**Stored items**

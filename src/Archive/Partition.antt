-- ===== src/Archive/Partition.antt =====
-- scan_archive emits a partition of the bytes: each epoch begins where the one before it ended.
use neo_gnss_observatory.Base.{
  ℕ, zero, suc, ◌+◌, ◌*◌, ◌^◌, ◌≤◌, ◌<◌, true, false, ◌≡◌, refl, ◌∙◌, List, [], ◌∷◌, ◌++◌, Option,
  none, some, ltb, length, drop, take, arith, Bool-cases, ltb→lt, inl, inr, length-drop,
  length-take,
}
use mathlib.Core.Path.{subst}
use neo_gnss_observatory.Frame.{id, header_id}
use neo_gnss_observatory.Archive.Epoch.{
  Event, emitted, EpochAssembler, assembler, Float64, at, archive_partial, archive_noise,
  archive_foreign_protocol,
}
use neo_gnss_observatory.Archive.Assembler.{finish, accept_numbered, accept}
use neo_gnss_observatory.Archive.Scan.{
  marked, sbf_size, ubx_length, lost, ubx_frame, Turn, accepted, turn, scan_from, scan_archive,
}
use neo_gnss_observatory.Archive.Held.{
  Tiles, Holds, Tiles-append, finish-Holds, gap-Tiles, lost-Tiles, accept_numbered-Holds,
}

sbf_size-le : (p : List ℕ) → sbf_size p ≤ length p
unfolding sbf_size
sbf_size-le p = ground arith

ubx_length-le : (p : List ℕ) → ubx_length p ≤ length p
unfolding ubx_length
ubx_length-le p = ground arith

-- What one turn leaves, when the bytes before `c` are in the epochs or in the assembler.
abbrev Advances : ℕ → ℕ → ℕ → Option Turn → Type 0
Advances a total left none = ⊥
Advances a total left (some t) =
    (m : ℕ) × Tiles a m t.events
    × Holds t.state.active t.state.epoch m t.noise
    × t.noise ≤ t.here
    × (t.state.active ≡ true → t.noise ≡ t.here)
    × (t.here + length t.rest ≡ total)
    × length t.rest < left

-- After `finish` nothing is held.
idle : (s : EpochAssembler) (m : ℕ) → s.active ≡ false → Holds s.active s.epoch m m
idle s m e = rw e refl

idle-only : (s : EpochAssembler) {A : Type 0} → s.active ≡ false → s.active ≡ true → A
idle-only s e k = absurd (cc (e, k))

module _ (fl : Float64) (s : EpochAssembler) (a pos noise : ℕ) (b : ℕ) (bs : List ℕ) where
  -- The conditions on the variables of the loop.
  abbrev Goes : Type 0
  Goes =
      Holds s.active s.epoch a noise
      × (noise ≤ pos)
      × (s.active ≡ true → noise ≡ pos)
      × (pos + suc (length bs) < 2 ^ 64)

  accepted-Advances :
      (len : ℕ)
      → Goes
      → 0 < len
      → len ≤ suc (length bs)
      → Advances a (pos + suc (length bs)) (suc (length bs)) (
          accepted
            (lost noise pos)
            (pos + len)
            (drop len (b ∷ bs))
            (accept fl false (ubx_frame pos len (b ∷ bs)) s))
  unfolding accept id header_id
  accepted-Advances len g some_bytes le =
      let wire : length (take len (b ∷ bs)) ≡ len = length-take len (b ∷ bs) ∙ ground (le, arith) in
      let n = at (b ∷ bs) 2 * 256 + at (b ∷ bs) 3 in
      let r = accept_numbered fl false (ubx_frame pos len (b ∷ bs)) n s in
      let l = lost-Tiles s.active s.epoch a noise pos g.0 g.1 g.2 in
      let k =
        accept_numbered-Holds fl false (ubx_frame pos len (b ∷ bs)) n s l.0 l.2
          (ground (wire, some_bytes, arith)) (ground (wire, le, g.3, arith)) in
      let left = length-drop len (b ∷ bs) in
      (
        k.0,
        Tiles-append a l.0 k.0 (lost noise pos) r.1 l.1 k.1,
        subst (λ x. Holds r.0.active r.0.epoch k.0 (pos + x)) wire k.2,
        ground arith,
        (λ e. refl),
        ground (left, le, arith),
        ground (left, some_bytes, arith),
      )

  turn-Advances :
      Goes → Advances a (pos + suc (length bs)) (suc (length bs)) (turn fl s pos noise b bs)
  unfolding turn
  turn-Advances g = elim (Bool-cases (ltb 0 (sbf_size (b ∷ bs)))) [
    | inl e ↦ rw e (
        let f = finish-Holds s archive_partial a noise g.0 in
        let size = sbf_size (b ∷ bs) in
        let le = sbf_size-le (b ∷ bs) in
        let left = length-drop size (b ∷ bs) in
        let foreign : Tiles pos (pos + size)
            (emitted (marked pos (pos + size) (archive_noise + archive_foreign_protocol)) ∷ []) =
          (refl, ground (ltb→lt _ _ e, arith), refl) in
        (
          pos + size,
          Tiles-append a noise (pos + size) (finish s archive_partial).1 _ f.0 (
              Tiles-append noise pos (pos + size) (lost noise pos) _ (gap-Tiles noise pos g.1)
                foreign),
          idle (finish s archive_partial).0 (pos + size) f.1,
          ground arith,
          idle-only (finish s archive_partial).0 f.1,
          ground (left, le, arith),
          ground (left, ltb→lt _ _ e, arith),
        ))
    | inr e ↦ rw e (elim (Bool-cases (ltb 0 (ubx_length (b ∷ bs)))) [
      | inl u ↦ rw u (accepted-Advances _ g (ltb→lt _ _ u) (ubx_length-le (b ∷ bs)))
      | inr u ↦ rw u (
          let f = finish-Holds s archive_partial a noise g.0 in
          (
            noise,
            f.0,
            idle (finish s archive_partial).0 noise f.1,
            ground (g.1, arith),
            idle-only (finish s archive_partial).0 f.1,
            ground arith,
            ground arith,
          ))
    ])
  ]

scan_from-some :
    (fl : Float64) (fuel : ℕ) (s : EpochAssembler) (pos noise b : ℕ) (bs : List ℕ) (t : Turn)
    (es : List Event)
    → turn fl s pos noise b bs ≡ some t
    → scan_from fl fuel t.state t.here t.noise t.rest ≡ some es
    → scan_from fl (suc fuel) s pos noise (b ∷ bs) ≡ some (t.events ++ es)
unfolding scan_from
scan_from-some fl fuel s pos noise b bs t es e h = rw (e, h, scan_from)

scan_from-Tiles :
    (fl : Float64) (fuel : ℕ) (s : EpochAssembler) (a pos noise : ℕ) (p : List ℕ)
    → length p ≤ fuel
    → Holds s.active s.epoch a noise
    → noise ≤ pos
    → (s.active ≡ true → noise ≡ pos)
    → pos + length p < 2 ^ 64
    → (es : List Event) × (scan_from fl fuel s pos noise p ≡ some es) × Tiles a (pos + length p) es
unfolding scan_from
scan_from-Tiles fl fuel s a pos noise [] k h le act small =
    let f = finish-Holds s archive_partial a noise h in
    (
      _,
      refl,
      Tiles-append a noise (pos + 0) (finish s archive_partial).1 _ f.0
          (subst (λ x. Tiles noise x (lost noise pos)) (omega arith) (gap-Tiles noise pos le)),
    )
scan_from-Tiles fl zero s a pos noise (b ∷ bs) k h le act small = absurd (omega arith)
scan_from-Tiles fl (suc fuel) s a pos noise (b ∷ bs) k h le act small =
    go (turn fl s pos noise b bs) refl (turn-Advances fl s a pos noise b bs (h, le, act, small))
      (λ t m r. scan_from-Tiles fl fuel t.state m t.here t.noise t.rest r)
  where
    go :
        (o : Option Turn)
        → turn fl s pos noise b bs ≡ o
        → Advances a (pos + suc (length bs)) (suc (length bs)) o
        → ((t : Turn) (m : ℕ)
            → length t.rest ≤ fuel
            → Holds t.state.active t.state.epoch m t.noise
            → t.noise ≤ t.here
            → (t.state.active ≡ true → t.noise ≡ t.here)
            → t.here + length t.rest < 2 ^ 64
            → (es : List Event) × (scan_from fl fuel t.state t.here t.noise t.rest ≡ some es)
              × Tiles m (t.here + length t.rest) es)
        → (es : List Event) × (scan_from fl (suc fuel) s pos noise (b ∷ bs) ≡ some es)
          × Tiles a (pos + suc (length bs)) es
    go none e g on = absurd g
    go (some t) e g on =
        let less : length t.rest < suc (length bs) = g.6 in
        let total : t.here + length t.rest ≡ pos + suc (length bs) = g.5 in
        let r = on t g.0 (omega arith) g.2 g.3 g.4 (rw total small) in
        (
          t.events ++ r.0,
          scan_from-some fl fuel s pos noise b bs t r.0 e r.1,
          Tiles-append a g.0 (pos + suc (length bs)) t.events r.0 g.1
              (subst (λ x. Tiles g.0 x r.0) total r.2),
        )

-- For every input of fewer than 2^64 bytes scan_archive returns, and the epochs it emits are an
-- exhaustive, nonoverlapping partition of the bytes: the first begins at 0, each further one where
-- the one before it ends, none is empty, and the last ends at the number of bytes.
pub scan_archive-Tiles :
    (fl : Float64) (bytes : List ℕ)
    → length bytes < 2 ^ 64
    → (es : List Event) × (scan_archive fl bytes ≡ some es) × Tiles 0 (length bytes) es
unfolding scan_archive
scan_archive-Tiles fl bytes small =
    let zero_add : 0 + length bytes ≡ length bytes = omega arith in
    let r =
      scan_from-Tiles fl (length bytes) (assembler true) 0 0 0 bytes (omega arith) refl
        (omega arith) (λ e. refl) (rw zero_add small) in
    (r.0, r.1, subst (λ x. Tiles 0 x r.0) zero_add r.2)
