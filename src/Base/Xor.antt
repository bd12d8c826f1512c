-- ===== src/Base/Xor.antt =====
-- The laws of exclusive or that the checksum proofs use, from its lowest digit upwards.
use Prim.Native.Nat.{ℕ, zero, suc, ◌+◌, ◌*◌, ◌/◌, ◌%◌, ◌^◌, ◌≤◌, ◌<◌, digits, differ, bit_xor}
use Prim.Native.Nat.{bit_xor-bitwise}
use native.Mathlib.Nat.{pow-suc, one-le-pow, mod-lt, div-add-mod', add-zero}
use native.Mathlib.Omega.{arith}
use mathlib.Core.Path.{◌≡◌, refl, ap, ◌∙◌}
use mathlib.Core.Logic.{◌⊎◌}

abbrev xor_digits : ℕ → ℕ → ℕ → ℕ
xor_digits n a b = digits (λ y. y) differ n a b

xor_digits_fuel : (n m a b : ℕ) → a ≤ n → a ≤ m → xor_digits n a b ≡ xor_digits m a b
xor_digits_fuel zero zero a b p q = refl
xor_digits_fuel zero (suc m) zero b p q = refl
xor_digits_fuel zero (suc m) (suc a) b p q = absurd (omega arith)
xor_digits_fuel (suc n) zero zero b p q = refl
xor_digits_fuel (suc n) zero (suc a) b p q = absurd (omega arith)
xor_digits_fuel (suc n) (suc m) zero b p q = refl
xor_digits_fuel (suc n) (suc m) (suc a) b p q =
    omega (arith, xor_digits_fuel n m (suc a / 2) (b / 2) (omega arith) (omega arith))

two_digits : (x y : ℕ) → (x ≡ 0) ⊎ (x ≡ 1) → (y ≡ 0) ⊎ (y ≡ 1) → differ x y ≡ (x + y) % 2
two_digits x y p q = ground arith

digit_cases : (x : ℕ) → (x % 2 ≡ 0) ⊎ (x % 2 ≡ 1)
digit_cases x = omega arith

xor_differ : (a b : ℕ) → bit_xor a b ≡ bit_xor (a / 2) (b / 2) * 2 + differ (a % 2) (b % 2)
xor_differ zero b = ground (arith, bit_xor-bitwise 0 b, bit_xor-bitwise 0 (b / 2))
xor_differ (suc a) b = omega (
  arith,
  bit_xor-bitwise (suc a) b,
  bit_xor-bitwise (suc a / 2) (b / 2),
  xor_digits_fuel a (suc a / 2) (suc a / 2) (b / 2) (omega arith) (omega arith),
)

-- The lowest digit of an exclusive or, and the rest.
pub xor_step : (a b : ℕ) → bit_xor a b ≡ bit_xor (a / 2) (b / 2) * 2 + (a % 2 + b % 2) % 2
xor_step a b =
    omega (arith, xor_differ a b, two_digits (a % 2) (b % 2) (digit_cases a) (digit_cases b))

-- Each law is an induction on a bound of the operands, from the halves to the whole.
xor_comm_below : (n a b : ℕ) → a + b ≤ n → bit_xor a b ≡ bit_xor b a
xor_comm_below zero a b h =
    let e : a ≡ 0 = omega arith in let e' : b ≡ 0 = omega arith in rw (e, e')
xor_comm_below (suc n) a b h =
    omega (arith, xor_step a b, xor_step b a, xor_comm_below n (a / 2) (b / 2) (omega arith))

pub xor_comm : (a b : ℕ) → bit_xor a b ≡ bit_xor b a
xor_comm a b = xor_comm_below (a + b) a b (omega arith)

xor_assoc_below : (n a b c : ℕ) → a + b + c ≤ n → bit_xor (bit_xor a b) c ≡ bit_xor a (bit_xor b c)
xor_assoc_below zero a b c h =
    let e : a ≡ 0 = omega arith in
    let e' : b ≡ 0 = omega arith in let e'' : c ≡ 0 = omega arith in rw (e, e', e'')
xor_assoc_below (suc n) a b c h = ground (
  arith,
  xor_step a b,
  xor_step b c,
  xor_step (bit_xor a b) c,
  xor_step a (bit_xor b c),
  xor_assoc_below n (a / 2) (b / 2) (c / 2) (omega arith),
  halve (bit_xor a b) (bit_xor (a / 2) (b / 2)) ((a % 2 + b % 2) % 2),
  halve (bit_xor b c) (bit_xor (b / 2) (c / 2)) ((b % 2 + c % 2) % 2),
)
  where
    halve : (x y d : ℕ) → x ≡ y * 2 + d → d < 2 → (x / 2 ≡ y) × (x % 2 ≡ d)
    halve x y d e l = omega arith

pub xor_assoc : (a b c : ℕ) → bit_xor (bit_xor a b) c ≡ bit_xor a (bit_xor b c)
xor_assoc a b c = xor_assoc_below (a + b + c) a b c (omega arith)

xor_self_below : (n a : ℕ) → a ≤ n → bit_xor a a ≡ 0
xor_self_below zero a h = let e : a ≡ 0 = omega arith in rw e
xor_self_below (suc n) a h = omega (arith, xor_step a a, xor_self_below n (a / 2) (omega arith))

pub xor_self : (a : ℕ) → bit_xor a a ≡ 0
xor_self a = xor_self_below a a (omega arith)

xor-zero_below : (n a : ℕ) → a ≤ n → bit_xor a 0 ≡ a
xor-zero_below zero a h = let e : a ≡ 0 = omega arith in rw e
xor-zero_below (suc n) a h = omega (arith, xor_step a 0, xor-zero_below n (a / 2) (omega arith))

pub xor-zero : (a : ℕ) → bit_xor a 0 ≡ a
xor-zero a = xor-zero_below a a (omega arith)

pub zero-xor : (a : ℕ) → bit_xor 0 a ≡ a
zero-xor a = omega (arith, xor_comm 0 a, xor-zero a)

-- Exclusive or works on each part of a number cut at a digit. `k` counts the digits.
pub xor_split :
    (k a b c d : ℕ)
    → c < 2 ^ k
    → d < 2 ^ k
    → bit_xor (a * 2 ^ k + c) (b * 2 ^ k + d) ≡ bit_xor a b * 2 ^ k + bit_xor c d
xor_split zero a b c d hc hd =
    let e : c ≡ 0 = omega arith in
    let e' : d ≡ 0 = omega arith in
    let f : a * 2 ^ 0 + 0 ≡ a = omega arith in
    let g : b * 2 ^ 0 + 0 ≡ b = omega arith in rw (e, e', f, g) (omega arith)
xor_split (suc k) a b c d hc hd = ground (
  arith,
  xor_step (a * 2 ^ suc k + c) (b * 2 ^ suc k + d),
  xor_step c d,
  pow-suc 2 k,
  ap (λ (t : ℕ). a * t) (pow-suc 2 k),
  ap (λ (t : ℕ). b * t) (pow-suc 2 k),
  ap (λ (t : ℕ). bit_xor a b * t) (pow-suc 2 k),
  xor_split k a b (c / 2) (d / 2) (omega (arith, pow-suc 2 k)) (omega (arith, pow-suc 2 k)),
)

xor-lt_below : (k a b : ℕ) → a < 2 ^ k → b < 2 ^ k → bit_xor a b < 2 ^ k
xor-lt_below zero a b ha hb =
    let e : a ≡ 0 = omega arith in let e' : b ≡ 0 = omega arith in rw (e, e') (omega arith)
xor-lt_below (suc k) a b ha hb = omega (
  arith,
  pow-suc 2 k,
  xor_step a b,
  xor-lt_below k (a / 2) (b / 2) (omega (arith, pow-suc 2 k)) (omega (arith, pow-suc 2 k)),
)

pub xor-lt : (k a b : ℕ) → a < 2 ^ k → b < 2 ^ k → bit_xor a b < 2 ^ k
xor-lt k a b ha hb = xor-lt_below k a b ha hb

quotient_parts : (m q r : ℕ) → r < m → ((q * m + r) / m ≡ q) × ((q * m + r) % m ≡ r)
quotient_parts m q r h = grind arith

-- Both operands cut at the same digit.
pub xor_parts :
    (k a b : ℕ)
    → (bit_xor a b / 2 ^ k ≡ bit_xor (a / 2 ^ k) (b / 2 ^ k))
      × (bit_xor a b % 2 ^ k ≡ bit_xor (a % 2 ^ k) (b % 2 ^ k))
xor_parts k a b =
    let pos : 0 < 2 ^ k = one-le-pow k 2 (omega arith) in
    let p = mod-lt a pos in
    let q = mod-lt b pos in
    let e = xor_split k (a / 2 ^ k) (b / 2 ^ k) (a % 2 ^ k) (b % 2 ^ k) p q in
    let e' = rw (div-add-mod' a (2 ^ k), div-add-mod' b (2 ^ k)) at e in
    rw e' (quotient_parts _ _ _ (xor-lt k _ _ p q))

pub xor_mul : (k a b : ℕ) → bit_xor (a * 2 ^ k) (b * 2 ^ k) ≡ bit_xor a b * 2 ^ k
xor_mul k a b =
    let pos : 0 < 2 ^ k = one-le-pow k 2 (omega arith) in
    let e = xor_split k a b 0 0 pos pos in
    let e' = rw (add-zero (a * 2 ^ k), add-zero (b * 2 ^ k)) at e in
    e' ∙ add-zero (bit_xor a b * 2 ^ k)

-- The parts of two pairs, regrouped.
pub xor_exchange :
    (a b c d : ℕ) → bit_xor (bit_xor a b) (bit_xor c d) ≡ bit_xor (bit_xor a c) (bit_xor b d)
xor_exchange a b c d = cc (
  xor_assoc a b (bit_xor c d),
  xor_assoc a c (bit_xor b d),
  xor_assoc b c d,
  xor_assoc c b d,
  xor_comm b c,
)

-- A number is the exclusive or of its parts on both sides of a digit.
pub xor_join : (k a b : ℕ) → b < 2 ^ k → bit_xor (a * 2 ^ k) b ≡ a * 2 ^ k + b
xor_join k a b h =
    ground (arith, xor_split k a 0 0 b (one-le-pow k 2 (omega arith)) h, xor-zero a, zero-xor b)
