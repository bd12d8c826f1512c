-- ===== src/Wire/Cursor.antt =====
-- struct BitCursor of libcppgnss/include/cppgnss/wire_typed.hpp, and BroadcastBits of
-- libneognss-obs/src/broadcast_bits.hpp, which reads fields of bits at given positions.
use neo_gnss_observatory.Base.{
  ℕ, zero, suc, ◌+◌, ◌-◌, ◌*◌, ◌/◌, ◌%◌, ◌^◌, ◌&&◌, ◌||◌, List, Option, none, some, ltb, ◌==◌,
  if◌then◌else◌, length, get_or,
}
use neo_gnss_observatory.Base.Int.{ℤ, pos, ◌-ℤ◌}

-- A thrown WireError is `failed` with its offset.
pub data Read (A : Type 0) : Type 0 where
  got : A → Read A
  failed : ℕ → Read A

pub record BitCursor : Type 0 where
  pub bytes : List ℕ
  pub bit : ℕ

-- `(bytes[bit / 8] >> (7 - bit % 8)) & 1`.
abbrev pub digit : List ℕ → ℕ → ℕ
digit bytes bit = get_or bytes (bit / 8) 0 / 2 ^ (7 - bit % 8) % 2

-- The loop over `n` bits; the low digit of the shifted value is 0, so that `|` adds.
unfoldable pub bits_loop : List ℕ → (value bit n : ℕ) → ℕ
bits_loop bytes value bit zero = value
bits_loop bytes value bit (suc n) =
    bits_loop bytes (value * 2 % 2 ^ 64 + digit bytes bit) (suc bit) n

-- `bytes.size() * 8 - bit` on size_t.
abbrev pub left_bits : BitCursor → ℕ
left_bits c = (length c.bytes * 8 + 2 ^ 64 - c.bit) % 2 ^ 64

unfoldable pub u : BitCursor → ℕ → Read (ℕ × BitCursor)
unfolding bits_loop
u c width =
    if ltb 64 width || ltb (left_bits c) width
    then failed (c.bit / 8)
    else got (bits_loop c.bytes 0 c.bit width, record c { bit = c.bit + width })

-- The value of a uint64_t as an int64_t.
abbrev pub signed64 : ℕ → ℤ
signed64 v = if ltb v (2 ^ 63) then pos v else pos v -ℤ pos (2 ^ 64)

abbrev pub extended : ℕ → ℕ → ℕ
extended width v =
    if ltb 0 width && ltb width 64 && v / 2 ^ (width - 1) % 2 == 1
    then v % 2 ^ width + (2 ^ 64 - 2 ^ width)
    else v

unfoldable pub s : BitCursor → ℕ → Read (ℤ × BitCursor)
unfolding u
s c width = elim (u c width) [
  | got r ↦ got (signed64 (extended width r.0), r.1)
  | failed o ↦ failed o
]

unfoldable pub count : BitCursor → ℕ → Read ℕ
count c value = if ltb (left_bits c) value then failed (c.bit / 8) else got value

-- BroadcastBits: the bytes and the number of bits that the constructor admitted. `none` is the
-- exception that a member function throws.
pub record BroadcastBits : Type 0 where
  pub data' : List ℕ
  pub size : ℕ

unfoldable pub broadcast_bits : List ℕ → ℕ → Option BroadcastBits
broadcast_bits bytes n =
    if ltb (length bytes * 8) n then none else some (record { data' = bytes; size = n })

unfoldable pub field : BroadcastBits → ℕ → ℕ → Option ℕ
unfolding bits_loop
field b p n =
    if ltb 63 n || ltb b.size p || ltb (b.size - p) n then none else some (bits_loop b.data' 0 p n)

-- BroadcastBits::s.
unfoldable pub signed_field : BroadcastBits → ℕ → ℕ → Option ℤ
unfolding field
signed_field b p n = elim (field b p n) [
  | none ↦ none
  | some v ↦
      if n == 0
      then none
      else if v / 2 ^ (n - 1) % 2 == 1
      then some (pos 0 -ℤ pos (2 ^ n - v))
      else some (pos v)
]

**WORK ITEM**
Using the entries above, return exactly the lines from the line with "pub bytes : List ℕ" to the line with "-- exception that a member function throws.", counting both of those lines.

**SOLUTION FOR THIS PROBLEM**
  pub bytes : List ℕ
  pub bit : ℕ

-- `(bytes[bit / 8] >> (7 - bit % 8)) & 1`.
abbrev pub digit : List ℕ → ℕ → ℕ
digit bytes bit = get_or bytes (bit / 8) 0 / 2 ^ (7 - bit % 8) % 2

-- The loop over `n` bits; the low digit of the shifted value is 0, so that `|` adds.
unfoldable pub bits_loop : List ℕ → (value bit n : ℕ) → ℕ
bits_loop bytes value bit zero = value
bits_loop bytes value bit (suc n) =
    bits_loop bytes (value * 2 % 2 ^ 64 + digit bytes bit) (suc bit) n

-- `bytes.size() * 8 - bit` on size_t.
abbrev pub left_bits : BitCursor → ℕ
left_bits c = (length c.bytes * 8 + 2 ^ 64 - c.bit) % 2 ^ 64

unfoldable pub u : BitCursor → ℕ → Read (ℕ × BitCursor)
unfolding bits_loop
u c width =
    if ltb 64 width || ltb (left_bits c) width
    then failed (c.bit / 8)
    else got (bits_loop c.bytes 0 c.bit width, record c { bit = c.bit + width })

-- The value of a uint64_t as an int64_t.
abbrev pub signed64 : ℕ → ℤ
signed64 v = if ltb v (2 ^ 63) then pos v else pos v -ℤ pos (2 ^ 64)

abbrev pub extended : ℕ → ℕ → ℕ
extended width v =
    if ltb 0 width && ltb width 64 && v / 2 ^ (width - 1) % 2 == 1
    then v % 2 ^ width + (2 ^ 64 - 2 ^ width)
    else v

unfoldable pub s : BitCursor → ℕ → Read (ℤ × BitCursor)
unfolding u
s c width = elim (u c width) [
  | got r ↦ got (signed64 (extended width r.0), r.1)
  | failed o ↦ failed o
]

unfoldable pub count : BitCursor → ℕ → Read ℕ
count c value = if ltb (left_bits c) value then failed (c.bit / 8) else got value

-- BroadcastBits: the bytes and the number of bits that the constructor admitted. `none` is the
-- exception that a member function throws.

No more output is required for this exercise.